Optional equity curve plot (e.g. in a notebook):

import matplotlib.pyplot as plt
df["equity_curve"].plot(figsize=(10, 4), title="Equity Curve")
plt.xlabel("Date")
plt.ylabel("Equity")
plt.show()

8. Document and refactor#

Goal: End up with clean, reusable code and a short README so that you (or someone else) can run the backtest and understand what the strategy does and how to interpret the output.

Why it matters: Good structure (e.g. separate modules for data, indicators, strategy, backtester, metrics, report) makes it easier to add a second strategy (e.g. momentum) or reuse the engine for the next project (e.g. paper‑trading bot).

Hints:

Try it: Organize your code into at least two or three modules and a main script. Write a README that covers setup, run instructions, and a brief strategy + metrics interpretation.

Show Solution

Example module layout:

  • backtesting/data.py — download & clean OHLCV
  • backtesting/indicators.py — SMA and other indicators
  • backtesting/strategy.py — signal logic (e.g.

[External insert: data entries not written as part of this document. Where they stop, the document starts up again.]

-- ===== src/Memtable/Runs.antt =====
-- The iterators of a memtable with three records.
use hypha_db.Base.{ℕ, ◌+◌, ◌≡◌, false, List, [], ◌∷◌, length, keep_if}
use hypha_db.Base.Text.{text_le}
use hypha_db.Record.{Record, batch_none}
use hypha_db.Skiplist.{new_list}
use hypha_db.Skiplist.Layout.{Cell, cell_records}
use hypha_db.Skiplist.Fill.{put_all, new_list-IsSkipList, put_all-IsSkipList}
use hypha_db.Memtable.{
  MemTable, records, snapshot_iterator, snapshot_seek, drain, collect, seek, iterator,
}
use hypha_db.Memtable.Snapshot.{drain-collect}

abbrev version : ℕ → ℕ → Record
version key seq = record {
  key = key ∷ [];
  seq = seq;
  value = seq ∷ [];
  deleted = false;
  batch_id = 0;
  batch_kind = batch_none;
}

abbrev puts : List (List ℕ × Record)
puts = (2 ∷ 1 ∷ [], version 98 1) ∷ (1 ∷ [], version 97 2) ∷ (4 ∷ 1 ∷ [], version 99 3) ∷ []

abbrev m : MemTable
m = put_all puts (new_list 15)

abbrev cells : List Cell
cells = (put_all-IsSkipList puts (new_list 15) [] (new_list-IsSkipList 15)).1.0

drain-collect_example :
    (drain (length (records m) + 1) (snapshot_seek (98 ∷ []) (snapshot_iterator m))
      ≡ collect m (length m.nodes) (seek m (98 ∷ []) (iterator m)))
    × (collect m (length m.nodes) (seek m (98 ∷ []) (iterator m))
        ≡ keep_if (λ r. text_le (98 ∷ []) r.key) (cell_records cells))
drain-collect_example =
    drain-collect m cells (98 ∷ [])
      (put_all-IsSkipList puts (new_list 15) [] (new_list-IsSkipList 15)).1.1
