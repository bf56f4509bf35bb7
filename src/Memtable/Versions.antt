-- ===== src/Memtable/Versions.antt =====
-- A memtable as internal/db/db.go reads it.
use hypha_db.Base.{ℕ, sym, subst, List, ok, ok-injective}
use hypha_db.Base.Text.{Text}
use hypha_db.Compaction.Merge.Newest.{IsNewestIn, find_visible-IsNewestIn}
use hypha_db.Skiplist.Layout.{Cell, cell_records}
use hypha_db.Skiplist.Order.{IsAscending-InOrder}
use hypha_db.Skiplist.Insert.{IsSkipList}
use hypha_db.Skiplist.Reads.{get_at-find_visible}
use hypha_db.Memtable.{MemTable, get_at}
use hypha_db.Db.Reads.{Versions}

-- The newest visible version among the records of the list.
pub memtable-IsNewestIn :
    (m : MemTable) (cells : List Cell) (key : Text) (seq : ℕ)
    → IsSkipList m cells
    → IsNewestIn key seq (cell_records cells) (get_at m key seq)
unfolding get_at
memtable-IsNewestIn m cells key seq inv =
    subst (IsNewestIn key seq (cell_records cells)) (sym (get_at-find_visible m cells key seq inv))
      (find_visible-IsNewestIn key seq (cell_records cells)
        (IsAscending-InOrder cells inv.ascending))

abbrev pub memtable_versions :
    {E : Type 0} (m : MemTable) (cells : List Cell) → IsSkipList m cells → Versions E
memtable_versions m cells inv = record {
  get_record_at = λ key seq. ok (get_at m key seq);
  records = cell_records cells;
  finds_newest = λ key seq found e.
      subst (IsNewestIn key seq (cell_records cells)) (ok-injective e)
        (memtable-IsNewestIn m cells key seq inv);
}
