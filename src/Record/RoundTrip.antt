-- ===== src/Record/RoundTrip.antt =====
-- `DecodeBinary` undoes `EncodeBinary`, and accepts nothing else.
use Prim.Native.Nat.{bit_and}
use hypha_db.Base.{
  ℕ, ◌+◌, ◌≤◌, ◌≡◌, refl, Bool, true, false, not, List, ◌++◌, append_assoc, length, length-append,
  ltb, ◌==◌, if◌then◌else◌, ok, fail_if, arith,
}
use hypha_db.Base.Bytes.{IsU64, put_le, get_le-put_le, read_full-append}
use hypha_db.Record.{
  Record, Header, DecodeError, encode_header, encode_binary, encoded_size, parse_header,
  check_header, decode_binary, max_key_size, max_value_size, record_of, batch_none, flag_deleted,
}

-- What the format can carry: lengths within the limits, and a uint64 sequence number.
pub record IsEncodable (rec : Record) : Type 0 where
  pub key_fits : length rec.key ≤ max_key_size
  pub value_fits : length rec.value ≤ max_value_size
  pub seq_fits : IsU64 rec.seq

pub length-encode_header : (rec : Record) → length (encode_header rec) ≡ 17
unfolding encode_header put_le
length-encode_header rec = refl

-- The header that the encoder writes.
abbrev pub header_of : Record → Header
header_of rec = record {
  key_len = length rec.key;
  value_len = length rec.value;
  seq = rec.seq;
  flags = if rec.deleted then flag_deleted else 0;
}

pub parse_header-encode_header :
    (rec : Record) → IsEncodable rec → parse_header (encode_header rec) ≡ header_of rec
unfolding parse_header encode_header put_le
parse_header-encode_header rec v =
    let key_len = get_le-put_le 4 (length rec.key) (omega arith) in
    let value_len = get_le-put_le 4 (length rec.value) (omega arith) in
    let seq = get_le-put_le 8 rec.seq v.seq_fits in
    λ i. record {
      key_len = key_len i;
      value_len = value_len i;
      seq = seq i;
      flags = if rec.deleted then flag_deleted else 0;
    }

pub check_header-header_of : (rec : Record) → IsEncodable rec → check_header (header_of rec) ≡ ok tt
unfolding check_header
check_header-header_of rec v = ground arith

-- The decoder drops the batch fields, which the binary form does not hold.
abbrev pub plain : Record → Record
plain rec = record rec { batch_id = 0; batch_kind = batch_none }

flag_of_Bool : (b : Bool) → not (bit_and (if b then flag_deleted else 0) flag_deleted == 0) ≡ b
flag_of_Bool true = refl
flag_of_Bool false = refl

pub record_of-header_of : (rec : Record) → record_of (header_of rec) rec.key rec.value ≡ plain rec
record_of-header_of rec = rw (flag_of_Bool rec.deleted)

-- The payload of an encoded record is never too short.
payload_fits :
    (sized : Bool) (rec : Record) (rest : List ℕ) (e : DecodeError)
    → fail_if
        (if sized
          then ltb (length (rec.key ++ (rec.value ++ rest))) (length rec.key + length rec.value)
          else false)
        e
      ≡ ok tt
payload_fits true rec rest e =
    ground (arith, length-append rec.key (rec.value ++ rest), length-append rec.value rest)
payload_fits false rec rest e = refl

-- An encodable record, encoded and followed by any bytes, decodes to itself without its batch
-- fields, and those bytes are left; whether or not the reader knows its length.
pub decode_binary-encode_binary :
    (sized : Bool) (rec : Record) (rest : List ℕ)
    → IsEncodable rec
    → decode_binary sized (encode_binary rec ++ rest) ≡ ok (plain rec, rest)
unfolding decode_binary encode_binary
decode_binary-encode_binary sized rec rest v =
    let split : (encode_header rec ++ (rec.key ++ rec.value)) ++ rest
        ≡ encode_header rec ++ (rec.key ++ (rec.value ++ rest)) =
      rw (append_assoc, append_assoc) in
    let after_header = rec.key ++ (rec.value ++ rest) in
    rw
      (
        split,
        read_full-append 17 (encode_header rec) after_header (length-encode_header rec),
        parse_header-encode_header rec v,
        check_header-header_of rec v,
        payload_fits sized rec rest,
        read_full-append (length rec.key) rec.key (rec.value ++ rest) refl,
        read_full-append (length rec.value) rec.value rest refl,
        record_of-header_of rec,
      )
      refl

-- `EncodedSize` is the number of bytes that `EncodeBinary` writes.
pub length-encode_binary : (rec : Record) → length (encode_binary rec) ≡ encoded_size rec
unfolding encode_binary encoded_size
length-encode_binary rec = omega (
  arith,
  length-append (encode_header rec) (rec.key ++ rec.value),
  length-append rec.key rec.value,
  length-encode_header rec,
)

MA crossover)
  • backtesting/backtester.py — positions, returns, equity
  • backtesting/metrics.py — performance metrics
  • backtesting/report.py — text/plot reporting
  • run_backtest.py — wires everything and runs one backtest

Example run_backtest.py skeleton:

from datetime import date
import yfinance as yf
from backtesting.data import clean_ohlcv
from backtesting.indicators import add_sma
from backtesting.strategy import moving_average_crossover_signals
from backtesting.backtester import compute_positions_from_signals, compute_pnl_and_equity
from backtesting.metrics import total_return, annualized_return, annualized_volatility, sharpe_ratio, max_drawdown
from backtesting.report import print_summary

def main() -> None:
    ticker = "SPY"
    start_date = "2015-01-01"
    end_date = date.today().strftime("%Y-%m-%d")
    raw = yf.download(ticker, start=start_date, end=end_date, interval="1d", progress=False)
    df = clean_ohlcv(raw)
    df = add_sma(df, window=50, price_col="Close")
    df = add_sma(df, window=200, price_col="Close")
    df = moving_average_crossover_signals(df, short_col="SMA_50", long_col="SMA_200")
    df = compute_positions_from_signals(df)
    df = compute_pnl_and_equity(df, price_col="Close", initial_capital=100_000.0)
    metrics = {
        "total_return": total_return(df["strategy_return"]),
        "annualized_return": annualized_return(df["strategy_return"]),
        "annualized_volatility": annualized_volatility(df["strategy_return"]),
        "sharpe_ratio": sharpe_ratio(df["strategy_return"], risk_free_rate=0.0),
        "max_drawdown": max_drawdown(df["equity_curve"]),
    }
    print_summary(ticker=ticker, start_date=start_date, end_date=end_date,
                  strategy_name="Moving Average Crossover",
                  strategy_params={"short_window": 50, "long_window": 200},
                  metrics=metrics)

if __name__ == "__main__":
    main()

Using separate modules and small functions makes it easier to add new strategies and reuse the engine later.


9. Final tips for beginners#

If you can run one script (or one notebook) that completes this full pipeline and prints a sensible summary, you’ve achieved the core objective of this project.